I will keep opening bugs, and if they do not get fixed I will try to take a look at them myself. But I do not see that happening at least for the next month or so.
Comment 5 Marcel Bruch CLA 2012-04-22 04:53:50 EDT
(In reply to comment #4)
> (In reply to comment #3)
> > If you have more of these ideas, you may consider writing patches ;)
> Yes, I already considered that option :-)

Great!

> I will keep opening bugs, and if they do not get fixed I will try to take a
> look at them myself. But I do not see that happening at least for the next
> month or so.

Sounds good. I've to focus on the other tools for Juno too. So the time I can spent on subwords will be limited. My goal is to make it a useful addition for Juno but not feature-complete, i.e., fix every severe issue but postpone some ideas after Juno.

If you or someone else provides patches, however, I'd be glad to  integrate them. But for know: Just keep ideas coming ;)
Comment 6 Marcel Bruch CLA 2012-04-22 05:43:12 EDT
Created attachment 214345 [details]
Now it feels like 'camel case matching ++'

Is this the intended goal? A better (read, more permissive) camel case matching? Is there a 'real' delta to camel case matching except that you can write more letters and can start with fragments of the camel case (as depicted in the screenshot)?
Comment 7 Deepak Azad CLA 2012-04-22 05:50:19 EDT
(In reply to comment #6)
> Created attachment 214345 [details]
> Now it feels like 'camel case matching ++'
> 
> Is this the intended goal? A better (read, more permissive) camel case
> matching? Is there a 'real' delta to camel case matching except that you can
> write more letters and can start with fragments of the camel case (as depicted
> in the screenshot)?

There is a real delta with respect to camel case (in addition to what you already mentioned)
- You do not have to type in upper case
- You do not have to type first letters of all the words

Calling it 'camel case matching ++' may not be best. It is really Subword completion which accounts for words in a java name.
Comment 8 Marcel Bruch CLA 2012-04-22 06:49:27 EDT
you planned that long beforehand, right ? ;)  I'm fine with the current implementation. Let's give it a try and see how people like it.
Comment 9 Deepak Azad CLA 2012-04-22 09:20:38 EDT
(In reply to comment #8)
> I'm fine with the current
> implementation. Let's give it a try and see how people like it.

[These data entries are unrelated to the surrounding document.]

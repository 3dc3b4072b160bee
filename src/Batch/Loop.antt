-- ===== src/Batch/Loop.antt =====
-- An invariant rule for the passes of `migrate_pages` (arm64_files/migrate.c), and its uses: the
-- count of migrated pages, and the counters that only grow.
use memory_migration_cs.Base.{
  ℕ, zero, suc, ◌≤◌, ◌==◌, Bool, true, false, ◌&&◌, not, Option, none, some, List, [], ◌∷◌, All,
  Errno, eagain, enosys, enomem, arith, inl, inr, Option-cases, Bool-cases,
}
use memory_migration_cs.Batch.{
  Page, is_thp, Attempt, released, stays, returned, Mover, Counters, Progress, Stepped,
  try_split_thp, split_or, on_error, on_attempt, try_page, run_pass, run_passes, begin_pass,
  after_pass,
}

-- No condition on the pages.
abbrev pub Any : Page → Type 0
Any p = Unit

pub All-Any : (ps : List Page) → All Any ps
All-Any [] = tt
All-Any (p ∷ ps) = (tt, All-Any ps)

-- What holds of the pages that a pass has not reached.
abbrev pub Rest {ℓ} : (Page → Type ℓ) → Option (List Page) → Type ℓ
Rest Q none = Unit
Rest Q (some ps) = All Q ps

module _ {W : Type 0} (m : Mover W) (nosplit nsc : Bool) where
  module _ {ℓ κ} (Q : Page → Type ℓ) (P : Progress W → Type κ)
      (kept : (s : Progress W) → P s → All Q s.lists.kept)
      (begins : (s : Progress W) → P s → P (begin_pass s))
      (step : (force : Bool) (p : Page) (s : Progress W)
        → Q p
        → P s
        → P (try_page m nosplit nsc force p s).0) where
    run_pass-inv :
        (force : Bool) (ps : List Page) (s : Progress W)
        → All Q ps
        → P s
        → P (run_pass m nosplit nsc force ps s).0
    unfolding run_pass
    run_pass-inv force [] s q h = h
    run_pass-inv force (p ∷ ps) s q h = elim (Bool-cases (try_page m nosplit nsc force p s).1) [
      | inl e ↦ rw (e, run_pass) (step force p s q.0 h)
      | inr e ↦ rw (e, run_pass) (run_pass-inv force ps _ q.1 (step force p s q.0 h))
    ]

    after_pass-inv :
        (next : Progress W → Progress W × Option (List Page)) (s : Progress W)
        (stop : Option (List Page))
        → ((t : Progress W) → P t → P (next t).0)
        → P s
        → P (after_pass next (s, stop)).0
    unfolding after_pass
    after_pass-inv next s (some rest) n h = h
    after_pass-inv next s none n h = n s h

    -- What holds before the passes holds after them.
    pub run_passes-inv : (left : ℕ) (s : Progress W) → P s → P (run_passes m nosplit nsc left s).0
    unfolding run_passes
    run_passes-inv zero s h = h
    run_passes-inv (suc left) s h =
        elim (Bool-cases (s.counters.retry == 0 && s.counters.thp_retry == 0)) [
          | inl e ↦ rw (e, run_passes) h
          | inr e ↦
              rw (e, run_passes)
                (after_pass-inv (run_passes m nosplit nsc left) _ _ (λ t k. run_passes-inv left t k)
                  (run_pass-inv _ s.lists.kept (begin_pass s) (kept s h) (begins s h)))
        ]

    -- The pages that a `goto out` has not reached stand on the list of the pass.
    Rest-run_pass :
        (force : Bool) (ps : List Page) (s : Progress W)
        → All Q ps
        → P s
        → Rest Q (run_pass m nosplit nsc force ps s).1
    unfolding run_pass
    Rest-run_pass force [] s q h = tt
    Rest-run_pass force (p ∷ ps) s q h = elim (Bool-cases (try_page m nosplit nsc force p s).1) [
      | inl e ↦ rw (e, run_pass) q.1
      | inr e ↦ rw (e, run_pass) (Rest-run_pass force ps _ q.1 (step force p s q.0 h))
    ]

    Rest-after_pass :
        (next : Progress W → Progress W × Option (List Page)) (s : Progress W)
        (stop : Option (List Page))
        → ((t : Progress W) → P t → Rest Q (next t).1)
        → P s
        → Rest Q stop
        → Rest Q (after_pass next (s, stop)).1
    unfolding after_pass
    Rest-after_pass next s (some rest) n h r = r
    Rest-after_pass next s none n h r = n s h

    pub Rest-run_passes :
        (left : ℕ) (s : Progress W) → P s → Rest Q (run_passes m nosplit nsc left s).1
    unfolding run_passes
    Rest-run_passes zero s h = tt
    Rest-run_passes (suc left) s h =
        elim (Bool-cases (s.counters.retry == 0 && s.counters.thp_retry == 0)) [
          | inl e ↦ rw (e, run_passes) tt
          | inr e ↦
              rw (e, run_passes)
                (Rest-after_pass (run_passes m nosplit nsc left) _ _
                  (λ t k. Rest-run_passes left t k)
                  (run_pass-inv _ s.lists.kept (begin_pass s) (kept s h) (begins s h))
                  (Rest-run_pass _ s.lists.kept (begin_pass s) (kept s h) (begins s h)))
        ]

  -- The failures and splits of THPs only grow.
  abbrev pub Grown : Counters → Counters → Type 0
  Grown c d = (c.nr_thp_failed ≤ d.nr_thp_failed) × (c.nr_thp_split ≤ d.nr_thp_split)

  Grown-split_or :
      (may : Bool) (p : Page) (c : Counters) (s : Progress W) (otherwise : Progress W → Stepped W)
      → Grown c s.counters
      → ((w : W) → Grown c (otherwise (record s { world = w })).0.counters)
      → Grown c (split_or m may p s otherwise).0.counters
  unfolding split_or try_split_thp
  Grown-split_or false p c s otherwise g h = h s.world
  Grown-split_or true p c s otherwise g h = elim (Option-cases (m.split s.world p).1) [
    | inl e ↦ rw (e, split_or, try_split_thp) (h (m.split s.world p).0)
    | inr ((head, tails), e) ↦ rw (e, split_or, try_split_thp) (omega arith)
  ]

  Grown-on_error :
      (moved : Bool) (e : Errno) (p : Page) (c : Counters) (s : Progress W)
      → Grown c s.counters
      → Grown c (on_error m nosplit nsc moved e p s).0.counters
  unfolding on_error
  Grown-on_error moved enosys p c s g =
      Grown-split_or (is_thp p.kind) p c _ _ (ground arith) (λ w. ground arith)
  Grown-on_error moved enomem p c s g =
      Grown-split_or (is_thp p.kind && not nosplit) p c _ _ (ground arith) (λ w. ground arith)
  Grown-on_error moved eagain p c s g = ground arith
  Grown-on_error moved e p c s g = ground arith

  Grown-try_page :
      (force : Bool) (p : Page) (c : Counters) (s : Progress W)
      → Grown c s.counters
      → Grown c (try_page m nosplit nsc force p s).0.counters
  unfolding try_page on_attempt
  Grown-try_page force p c s g = grown-on_attempt _ p s g
    where
      grown-on_attempt :
          (a : Attempt W) (p : Page) (s : Progress W)
          → Grown c s.counters
          → Grown c (on_attempt m nosplit nsc a p s).0.counters
      grown-on_attempt (released w) p s g = g
      grown-on_attempt (stays e w) p s g = Grown-on_error false e p c (record s { world = w }) g
      grown-on_attempt (returned e w) p s g = Grown-on_error true e p c (record s { world = w }) g

  pub Grown-run_passes :
      (left : ℕ) (s : Progress W) → Grown s.counters (run_passes m nosplit nsc left s).0.counters
  Grown-run_passes left s =
      run_passes-inv Any (λ t. Grown s.counters t.counters) (λ t h. All-Any t.lists.kept) (λ t h. h)
        (λ force p t q h. Grown-try_page force p s.counters t h) left s (omega arith)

Ok, let me know when you release this.
Comment 10 Marcel Bruch CLA 2012-04-22 12:33:20 EDT
http://download.eclipse.org/recommenders/updates/head/e42 now contains the binaries.
Comment 11 Deepak Azad CLA 2012-04-22 14:42:59 EDT
Looks good so far!

(In reply to comment #3)
> Seems worth trying. The simplest heuristic(!) that comes close to what you
> want, is to add a filter that checks that at least one upper case letter is in
> the match. 
> 
> This is would be a fast and experimental (!) hack to see how this filtering
> works out in practice. If this is actually what we want, we can think about
> developing a clean approach.
Just to confirm, you implemented the full solution, right?
Comment 12 Marcel Bruch CLA 2012-04-22 15:56:26 EDT
(In reply to comment #11)
> Just to confirm, you implemented the full solution, right?

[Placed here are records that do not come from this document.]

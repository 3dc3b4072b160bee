-- ===== src/Batch/Outcome.antt =====
-- The return value of `migrate_pages` (arm64_files/migrate.c) against the list that it leaves.
use memory_migration_cs.Base.{
  ℕ, zero, suc, ◌+◌, Bool, true, false, Option, none, some, List, [], ◌∷◌, ◌++◌, ◌≡◌, ◌≢◌, refl,
  subst, ◌<◌, length, length-append, arith, Errno, enomem,
}
use memory_migration_cs.Batch.{Page, Mover, Progress, run_passes}
use memory_migration_cs.Batch.Driver.{
  Batch, Verdict, count, error, finish, finish_enomem, end_round, after_passes, run_rounds,
  begin_subpages, migrate_pages, start, add_retries, empty_is_zero,
}
use memory_migration_cs.Batch.Counts.{IsMover, IsSettled, keeps-run_passes}
use memory_migration_cs.Batch.Loop.{Grown-run_passes}

-- What a return tells its caller: 0 exactly if no page is left, and, if no THP was split, a count
-- that is the number of pages left.
pub record IsTold {W : Type 0} (b : Batch W) : Type 0 where
  pub zero_left : b.rc ≡ count 0 → b.from ≡ []
  pub left_zero : b.from ≡ [] → b.rc ≡ count 0
  pub count_left : (n : ℕ) → b.counters.nr_thp_split ≡ 0 → b.rc ≡ count n → n ≡ length b.from

module _ (n splits : ℕ) where
  -- The same of a list and the value that it is returned with.
  abbrev Tells : List Page → Verdict → Type 0
  Tells ps rc =
      (rc ≡ count 0 → ps ≡ [])
      × (ps ≡ [] → rc ≡ count 0)
      × ((k : ℕ) → splits ≡ 0 → rc ≡ count k → k ≡ length ps)

  Tells-count :
      (ps : List Page)
      → (0 < length ps → 0 < n)
      → (splits ≡ 0 → n ≡ length ps)
      → Tells ps (empty_is_zero ps (count n))
  Tells-count [] h e = (λ z. refl, λ z. refl, λ k z c. ground arith)
  Tells-count (p ∷ ps) h e =
      (λ z. absurd (ground (arith, h (omega arith))), λ z. cc, λ k z c. ground (arith, e z))

  Tells-error : (ps : List Page) (x : Errno) → Tells ps (empty_is_zero ps (error x))
  Tells-error [] x = (λ z. refl, λ z. refl, λ k z c. ground arith)
  Tells-error (p ∷ ps) x = (λ z. cc, λ z. cc, λ k z c. cc)

some_eq : {W : Type 0} {b c : Batch W} → some b ≡ some c → b ≡ c
some_eq h = cc

-- A split that has been queued has been counted.
counted_of_queued : (splits queued : ℕ) → (splits ≡ 0 → queued ≡ 0) → 0 < queued → 0 < splits
counted_of_queued zero queued h k = absurd (omega (arith, h refl))
counted_of_queued (suc n) queued h k = omega arith

module _ {W : Type 0} where
  IsTold-finish :
      (from : List Page) (n : ℕ) (s : Progress W)
      → (0 < length (s.lists.ret ++ from) → 0 < n)
      → (s.counters.nr_thp_split ≡ 0 → n ≡ length (s.lists.ret ++ from))
      → IsTold (finish from (count n) s)
  unfolding finish
  IsTold-finish from n s h e =
      let t = Tells-count n s.counters.nr_thp_split (s.lists.ret ++ from) h e in
      record { zero_left = t.0; left_zero = t.1; count_left = t.2 }

  IsTold-finish_enomem : (rest : List Page) (s : Progress W) → IsTold (finish_enomem rest s)
  unfolding finish_enomem finish
  IsTold-finish_enomem rest s =
      let ps = s.lists.ret ++ (s.lists.split_pages ++ (s.lists.kept ++ rest)) in
      let t = Tells-error 0 s.counters.nr_thp_split ps enomem in
      record { zero_left = t.0; left_zero = t.1; count_left = t.2 }

  -- Once a split THP has been counted as failed, no count that is returned is 0.
  IsTold-end_round :
      (next : Progress W → Option (Batch W)) (ps : List Page) (s : Progress W) (b : Batch W)
      → (0 < length (s.lists.ret ++ s.lists.kept)
          → 0 < s.counters.nr_failed + s.counters.nr_thp_failed)
      → (s.counters.nr_thp_split ≡ 0
          → s.counters.nr_failed + s.counters.nr_thp_failed ≡ length (s.lists.ret ++ s.lists.kept))
      → (ps ≢ [] → next (begin_subpages s) ≡ some b → IsTold b)
      → end_round next ps s ≡ some b
      → IsTold b
  unfolding end_round
  IsTold-end_round next [] s b h e n r =
      subst IsTold (some_eq r) (IsTold-finish s.lists.kept _ s h e)
  IsTold-end_round next (p ∷ ps) s b h e n r = n (λ z. cc) r

  IsTold-after_passes :
      (next : Progress W → Option (Batch W)) (s : Progress W) (stop : Option (List Page))
      (b : Batch W)
      → let t = record s { counters = add_retries s.counters } in
        (stop ≡ none
          → 0 < length (s.lists.ret ++ s.lists.kept)
          → 0 < t.counters.nr_failed + t.counters.nr_thp_failed)
        → (stop ≡ none
            → s.counters.nr_thp_split ≡ 0
            → t.counters.nr_failed + t.counters.nr_thp_failed
              ≡ length (s.lists.ret ++ s.lists.kept))
        → (stop ≡ none → s.lists.split_pages ≢ [] → next (begin_subpages t) ≡ some b → IsTold b)
        → after_passes next (s, stop) ≡ some b
        → IsTold b
  unfolding after_passes
  IsTold-after_passes next s (some rest) b h e n r =
      subst IsTold (some_eq r) (IsTold-finish_enomem rest s)
  IsTold-after_passes next s none b h e n r =
      IsTold-end_round next s.lists.split_pages _ b (h refl) (e refl) (n refl) r

module _ {W : Type 0} (m : Mover W) (nosplit : Bool) where
  -- A round that begins with a counted split.
  IsTold-run_rounds :
      (n : ℕ) (nsc : Bool) (s : Progress W) (b : Batch W)
      → 0 < s.counters.nr_thp_split
      → 0 < s.counters.nr_thp_failed
      → run_rounds m n nosplit nsc s ≡ some b
      → IsTold b
  unfolding run_rounds
  IsTold-run_rounds zero nsc s b h k r = cc
  IsTold-run_rounds (suc n) nsc s b h k r =
      let g = Grown-run_passes m nosplit nsc 10 s in
      let t = run_passes m nosplit nsc 10 s in
      IsTold-after_passes (run_rounds m n nosplit true) t.0 t.1 b (λ z l. omega arith)
        (λ z l. absurd (omega arith))
        (λ z ne q. IsTold-run_rounds n true _ b (omega arith) (omega arith) q) r

  queued-lt : (ps : List Page) → ps ≢ [] → 0 < length ps
  queued-lt [] h = absurd (h refl)
  queued-lt (p ∷ ps) h = omega arith

  -- The value that `migrate_pages` returns is 0 exactly if the list that it leaves is empty; and if
  -- it is a count and no THP was split, it is the number of pages on that list. This holds of any
  -- single moves that leave a page on its list only with -EAGAIN, -ENOSYS or -ENOMEM.
  pub migrate_pages-verdict :
      IsMover m
      → (from : List Page) (w : W) (b : Batch W) → migrate_pages m nosplit from w ≡ some b
      → IsTold b
  unfolding migrate_pages run_rounds
  migrate_pages-verdict ok from w b r =
      IsTold-after_passes (run_rounds m 1 nosplit true) t.0 t.1 b
        (λ z l. omega (arith, settled z, length-append {0} t.0.lists.ret t.0.lists.kept))
        (λ z l. omega (arith, settled z, length-append {0} t.0.lists.ret t.0.lists.kept))
        (λ z ne q.
          IsTold-run_rounds 1 true _ b (split_counted z ne)
            (omega (arith, settled z, split_counted z ne)) q)
        r
    where
      t : Progress W × Option (List Page)
      t = run_passes m nosplit false 10 (start from w)

      settled : t.1 ≡ none → IsSettled t.0.lists t.0.counters
      settled z =
          keeps-run_passes m ok nosplit 10 (start from w) (omega arith) (λ e. absurd (omega arith))
            (λ e. absurd (ground arith)) z

      split_counted : t.1 ≡ none → t.0.lists.split_pages ≢ [] → 0 < t.0.counters.nr_thp_split
      split_counted z ne =
          counted_of_queued _ _ (settled z).counted.queued_split
            (queued-lt t.0.lists.split_pages ne)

There are one or two cases that may be unexpected and I'm just relying on a very small test suite at the moment. But yes, it's more than the heuristic mentioned above.
Comment 13 Marcel Bruch CLA 2012-06-09 15:11:55 EDT
Set target milestone for fixed bugs to 1.0
Comment 14 Marcel Bruch CLA 2012-06-09 15:12:12 EDT
Set target milestone for fixed bugs to 1.0
Comment 15 Marcel Bruch CLA 2012-07-01 05:39:28 EDT
Juno shipped, change was made. Closing this bug.